Individual analyses revealed no significant association between HDL-C levels (categorical or continuous) and depression. However, HDL-C significantly increased the odds of depression when IR was present. Given variability in HOMA2-IR thresholds [26], the sensitivity analyses defined IR using cutoffs of 2.0, 2.3, and 2.7. HDL-C × IR interactions remained consistently significant and synergistic across thresholds. The inclusion of participants with lipid-lowering agents (which may alter HDL-C) or with diabetes (which may alter IR) did not change the direction of the interactions. Collectively, these data suggest that elevated HDL-C may confer increased odds of depression in the context of coexisting IR.

The dynamic relationship between HDL-C and depression in the context of IR may be explained by the following mechanisms. Under physiological conditions, cholesterol derived from HDL-C serves as a substrate for basal cortisol synthesis in the adrenal glands [27]. Population-based studies have demonstrated a significant, positive correlation between plasma cortisol and HDL-C levels [28, 29]. Dysregulation of cortisol is a contributor to depression [30]. HDL particles exhibit potent anti-inflammatory properties [31, 32], while systemic inflammation is a hallmark feature of depression [33]. Under physiological conditions, the HDL-C concentration may reflect HDL’s anti-inflammatory effects, mediated by the reverse cholesterol transport function [34]. Thus, the potential pro-depressive effects of HDL-C (through its role in cortisol synthesis) and its antidepressant effects (through anti-inflammatory mechanisms) may counteract one another. This balance may explain the lack of a significant association between HDL-C and depression in individuals without IR.
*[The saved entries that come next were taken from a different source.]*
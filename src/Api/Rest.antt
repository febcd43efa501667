-- ===== src/Api/Rest.antt =====
-- api/rest: the handlers that resolve an exec and write a kubeconfig, with common/rest. The exec
-- manager and the JSON encoder are an interface; the calls of the manager are logged.
pub mod Safety
use che_machine_exec.Common.{
  ℕ, Text, codes, is_empty, slices_contains, Bool, true, false, not, Option, none, some, List, [],
  ◌∷◌, ◌++◌, Result, ok, err, if◌then◌else◌,
}
use che_machine_exec.Validation.{Forbidden, forbidden, validate_no_shell_metacharacters}
use che_machine_exec.Filter.{ContainerInfo}
use che_machine_exec.Api.Auth.{HttpError, AuthConfig, Headers, token_of}

-- gin's writer: a status that is set once something was written has no effect.
pub record Response : Type 0 where
  pub status : ℕ
  pub is_written : Bool
  pub body : Text

abbrev pub no_response : Response
no_response = record { status = 200; is_written = false; body = [] }

abbrev pub write_header : ℕ → Response → Response
write_header code r = if r.is_written then r else record r { status = code }

abbrev pub write_body : Text → Response → Response
write_body text r = record r { is_written = true; body = r.body ++ text }

-- `WriteResponse`.
unfoldable pub write_response : ℕ → Text → Response → Response
write_response code message r = write_body message (write_header code r)

-- `WriteErrorResponse`; authentication only returns errors of the type `HttpError`.
unfoldable pub write_error_response : HttpError → Response → Response
unfolding write_response
write_error_response e r = write_response e.code e.err_msg r

-- `corsSafelistedContentTypes`.
abbrev pub cors_safelisted_content_types : List Text
cors_safelisted_content_types =
    codes "text/plain"
    ∷ codes "application/x-www-form-urlencoded"
    ∷ codes "multipart/form-data"
    ∷ []

abbrev pub is_cross_site : Text → Bool
is_cross_site content_type = slices_contains cors_safelisted_content_types content_type

-- `InitConfigParams`, and `KubeConfigParams` with the token.
pub record InitConfigParams : Type 0 where
  pub container_name : Text
  pub namespace : Text
  pub username : Text

pub record KubeConfigParams : Type 0 where
  pub namespace : Text
  pub username : Text
  pub bearer_token : Text

-- The body is `none` when `BindJSON` fails, which has then answered 400.
pub record Request : Type 0 where
  pub headers : Headers
  pub content_type : Text
  pub body : Option InitConfigParams

-- `model.ResolvedExec`.
pub record ResolvedExec : Type 0 where
  pub container_info : ContainerInfo
  pub cmd : List Text

-- The manager, its errors as texts; the JSON encoder; and `%q`.
pub record Services : Type 0 where
  pub resolve : Text → Text → Result Text ResolvedExec
  pub create_kube_config : KubeConfigParams → ContainerInfo → Option Text
  pub marshal : ResolvedExec → Result Text Text
  pub quote : Text → Text

pub data Call : Type 0 where
  resolves : Text → Text → Call
  creates_kube_config : KubeConfigParams → ContainerInfo → Call

pub record Outcome : Type 0 where
  pub response : Response
  pub calls : List Call

abbrev pub error_text : Services → Forbidden → Text
error_text s (forbidden field_name char) =
    field_name ++ (codes " contains forbidden character " ++ s.quote char)

-- The checks on the two names.
unfoldable pub check_names : Services → InitConfigParams → Option Text
unfolding validate_no_shell_metacharacters
check_names s p = elim (validate_no_shell_metacharacters p.username (codes "username")) [
  | some f ↦ some (error_text s f)
  | none ↦ elim (validate_no_shell_metacharacters p.namespace (codes "namespace")) [
    | some f ↦ some (error_text s f)
    | none ↦ none
  ]
]

-- What both handlers do first: the response that ends the handler, or the token and the body.
unfoldable pub prepare : AuthConfig → Services → Request → Result Response (Text × InitConfigParams)
unfolding token_of write_error_response write_response check_names slices_contains
prepare c s r = elim (token_of c r.headers) [
  | err e ↦ err (write_error_response e no_response)
  | ok token ↦
      if is_cross_site r.content_type
      then err (
          write_response 415 (codes "Unsupported Content-Type: expected application/json")
            no_response)
      else elim r.body [
        | none ↦ err (
            write_response 500 (codes "Failed to convert body args into internal structure")
              (record { status = 400; is_written = true; body = [] }))
        | some p ↦ elim (check_names s p) [
          | some message ↦ err (write_response 400 message no_response)
          | none ↦ ok (token, p)
        ]
      ]
]

abbrev pub or_developer : Text → Text
or_developer username = if is_empty username then codes "Developer" else username

abbrev pub kube_params : Text → InitConfigParams → KubeConfigParams
kube_params token p = record {
  namespace = p.namespace;
  username = or_developer p.username;
  bearer_token = token;
}

-- `handleContainerResolve` and the test behind it: a failure is written twice.
unfoldable pub unresolved : Text → Response
unfolding write_response
unresolved e =
    write_response 500 (codes "Could not retrieve exec request")
      (write_response 500 (codes "Unable to resolve exec. Cause: " ++ e) no_response)

-- `HandleKubeConfigCreation` and what follows it.
unfoldable pub with_kube_config :
    Services → Text → InitConfigParams → ResolvedExec → (Response → Response) → Outcome
unfolding write_response
with_kube_config s token p e finish =
    let made = kube_params token p in
    record {
      response = elim (s.create_kube_config made e.container_info) [
        | some message ↦ write_response 500 message no_response
        | none ↦ finish no_response
      ];
      calls = resolves p.container_name token ∷ creates_kube_config made e.container_info ∷ [];
    }

unfoldable pub with_exec :
    Services → Text → InitConfigParams → (ResolvedExec → Response → Response) → Outcome
unfolding unresolved with_kube_config
with_exec s token p finish = elim (s.resolve p.container_name token) [
  | err e ↦ record { response = unresolved e; calls = resolves p.container_name token ∷ [] }
  | ok e ↦ with_kube_config s token p e (finish e)
]

-- The end of `HandleInit`.
unfoldable pub send_exec : Services → ResolvedExec → Response → Response
unfolding write_response
send_exec s e r = elim (s.marshal e) [
  | err message ↦ write_response 500 (codes "Failed to marshal resolved exec. Cause: " ++ message) r
  | ok text ↦ write_body text r
]

unfoldable pub handle_init : AuthConfig → Services → Request → Outcome
unfolding prepare with_exec send_exec
handle_init c s r = elim (prepare c s r) [
  | err response ↦ record { response = response; calls = [] }
  | ok (token, p) ↦ with_exec s token p (send_exec s)
]

unfoldable pub handle_kube_config : AuthConfig → Services → Request → Outcome
unfolding prepare with_exec write_response is_empty
handle_kube_config c s r = elim (prepare c s r) [
  | err response ↦ record { response = response; calls = [] }
  | ok (token, p) ↦
      if is_empty p.container_name
      then record {
        response = write_response 400 (codes "Container name is required") no_response;
        calls = [];
      }
      else with_exec s token p (λ e response. response)
]

-- `HandleActivityTick`: the response, and whether the manager ticks.
unfoldable pub handle_activity_tick : AuthConfig → Headers → Response × Bool
unfolding token_of write_error_response
handle_activity_tick c headers = elim (token_of c headers) [
  | err e ↦ (write_error_response e no_response, false)
  | ok token ↦ (write_header 204 no_response, true)
]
IR causes significant structural and functional alterations in HDL particles [35]. Animal studies show that intestinal-derived HDL exhibits reduced apolipoprotein A-I (apoA-I) content during IR [36]. This finding has been corroborated in humans: HOMA2-IR positively correlates with the apoB/apoA-I ratio [37, 38]. HDL’s anti-inflammatory and antioxidant capacities are primarily mediated by paraoxonase 1 (PON1) [39]. PON1 activity decreases during IR [40, 41]. Depressed patients also exhibited significantly lowered plasma PON1 activity compared to healthy controls [42, 43]. Moreover, dysfunctional HDL in obesity paradoxically acquires pro-inflammatory activity [44]. Consequently, IR impairs HDL’s anti-inflammatory capacity. This dysfunction decouples HDL-C concentration from its anti-inflammatory activity, while HDL-C remains a cortisol synthesis substrate. Thus, elevated HDL-C during IR may increase the odds of depression through this mechanism.

Strengths and limitations

This study has several notable strengths. First, it utilized a large, nationally representative sample from the NHANES (2005–2018), applying rigorous exclusion criteria, comprehensive adjustments for potential confounders, and extensive sensitivity analyses. These approaches collectively strengthen the generalizability and robustness of the findings to the U.S. population. Second, the results challenge the conventional perception of HDL-C as universally cardioprotective “good cholesterol,” revealing its context-dependent association with the odds of neuropsychiatric disorders. Finally, the findings underscore that HDL-C cannot simply be used as a substitute for HDL function in clinical practice, especially in the presence of IR. Indicators that can more comprehensively and stably reflect the function of HDL need to be further explored.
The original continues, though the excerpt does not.